If this solution has been designed specifically for mobile devices with limited processing power and uncertain connectivity, might that give it broader implications for the Internet of Things (IoT)?  The answer, according to Michelson, is definitely ‘yes’.

“We’ve been spending the last few years also supporting IoT type architecture. An iPad’s and a Tesla’s automation system look a lot alike, and they are attacked essentially in the same way: through the device itself, through compromise, through network attacks, or through malicious content being delivered to the devices. So our technology is applicable… In the future we’ll be a part of the build of IoT devices – it’s quite a shift for the company, but the technology is very applicable.”
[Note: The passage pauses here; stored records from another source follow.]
-- ===== src/Registry.antt =====
-- The lists that the configuration keeps of what is under way on a vcluster: internal/config
-- (cleaning.go, deleting.go, rancher_pairing.go). A file or a config map is what was last written to
-- it. A time is a number of seconds, none where time.Parse cannot read it; the gauge of deletions is
-- output only.
pub mod Laws
use vcluster_manager.Prelude.{
  ℕ, ◌+◌, String, Bool, true, false, not, ◌&&◌, Option, none, some, List, [], ◌∷◌, ◌++◌,
  if◌then◌else◌, any, ltb, str_eq,
}

pub record CleaningEntry : Type 0 where
  pub name : String
  pub env : String
  pub started_at : Option ℕ
  pub delete_preprod : Bool
  pub delete_prod : Bool
  pub delete_gitlab : Bool
  pub delete_keycloak : Bool

pub record DeletingEntry : Type 0 where
  pub name : String
  pub env : String
  pub mr_url : String
  pub deleted_at : Option ℕ

pub record RancherPairingFailure : Type 0 where
  pub name : String
  pub env : String
  pub at : ℕ
  pub message : String

pub record Registry : Type 0 where
  pub cleaning : List CleaningEntry
  pub deleting : List DeletingEntry
  pub failures : List RancherPairingFailure

-- A time is not longer ago than a bound.
abbrev pub is_recent : ℕ → ℕ → Option ℕ → Bool
is_recent now bound none = false
is_recent now bound (some t) = not (ltb (t + bound) now)

module _ {A : Type 0} where
  unfoldable pub keep_if : (A → Bool) → List A → List A
  keep_if p [] = []
  keep_if p (x ∷ xs) = let rest = keep_if p xs in if p x then x ∷ rest else rest

  unfoldable pub first_of : (A → Bool) → List A → Option A
  first_of p [] = none
  first_of p (x ∷ xs) = let later = first_of p xs in if p x then some x else later

module _ (name env : String) where
  abbrev pub is_cleaning_of : CleaningEntry → Bool
  is_cleaning_of e = str_eq e.name name && str_eq e.env env

  abbrev pub is_deleting_of : DeletingEntry → Bool
  is_deleting_of e = str_eq e.name name && str_eq e.env env

  abbrev pub is_failure_of : RancherPairingFailure → Bool
  is_failure_of e = str_eq e.name name && str_eq e.env env

  unfoldable pub add_cleaning : ℕ → Bool → Bool → Bool → Bool → Registry → Registry
  add_cleaning now preprod prod gitlab keycloak g =
      if any is_cleaning_of g.cleaning then g else record g {
        cleaning =
            g.cleaning
            ++ record {
              name = name;
              env = env;
              started_at = some now;
              delete_preprod = preprod;
              delete_prod = prod;
              delete_gitlab = gitlab;
              delete_keycloak = keycloak;
            }
              ∷ [];
      }

  unfoldable pub remove_cleaning : Registry → Registry
  remove_cleaning g = record g { cleaning = keep_if (λ e. not (is_cleaning_of e)) g.cleaning }

-- The cleanings of the last hour; the others are dropped for good.
unfoldable pub list_cleaning : ℕ → Registry → List CleaningEntry × Registry
list_cleaning now g =
    let active = keep_if (λ e. is_recent now 3600 e.started_at) g.cleaning in
    (active, record g { cleaning = active })

module _ (name env : String) where
  unfoldable pub is_cleaning : ℕ → Registry → Bool × Registry
  is_cleaning now g =
      let active = keep_if (λ e. is_recent now 3600 e.started_at) g.cleaning in
      (any (is_cleaning_of name env) active, record g { cleaning = active })

  unfoldable pub add_deleting : ℕ → String → Registry → Registry
  add_deleting now url g = if any (is_deleting_of name env) g.deleting then g else record g {
    deleting =
        g.deleting ++ record { name = name; env = env; mr_url = url; deleted_at = some now } ∷ [];
  }

  unfoldable pub remove_deleting : Registry → Registry
  remove_deleting g = record g {
    deleting = keep_if (λ e. not (is_deleting_of name env e)) g.deleting;
  }

  -- Whether the vcluster is being deleted, with its merge request.
  unfoldable pub is_deleting : Registry → Bool × String
  is_deleting g = elim (first_of (is_deleting_of name env) g.deleting) [
    | none ↦ (false, "")
    | some e ↦ (true, e.mr_url)
  ]

-- The deletions of the last day; the others are dropped for good.
unfoldable pub list_deleting : ℕ → Registry → List DeletingEntry × Registry
list_deleting now g =
    let active = keep_if (λ e. is_recent now 86400 e.deleted_at) g.deleting in
    (active, record g { deleting = active })

module _ (name env : String) where
  unfoldable pub set_rancher_pairing_failure : ℕ → String → Registry → Registry
  set_rancher_pairing_failure now text g = record g {
    failures =
        keep_if (λ e. not (is_failure_of name env e)) g.failures
        ++ record { name = name; env = env; at = now; message = text } ∷ [];
  }

  unfoldable pub clear_rancher_pairing_failure : Registry → Registry
  clear_rancher_pairing_failure g = record g {
    failures = keep_if (λ e. not (is_failure_of name env e)) g.failures;
  }

  unfoldable pub rancher_pairing_failure_for : Registry → Option RancherPairingFailure
  rancher_pairing_failure_for g = first_of (is_failure_of name env) g.failures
So the wide and growing world of IoT lies ahead, while for now the company’s market strategy is focused on defence against mobile threats. As to the future plans in the mobile arena, Michelson concluded: “Zimperium’s vision is to make mobiles so safe hackers that don’t even bother!  In order to do that, we’ve got to get our detection technology into as many apps, onto as many devices, as we possibly can. So we OEM through partners, we partner with Telcos, we design our Software Developers’ Kit (SDK) so app developers can take it into their apps. We’re soon introducing a freemium model SDK so small apps can use it for free.  We’re doing everything that we can to get as much protection into the market as possible – because that really is our mission.”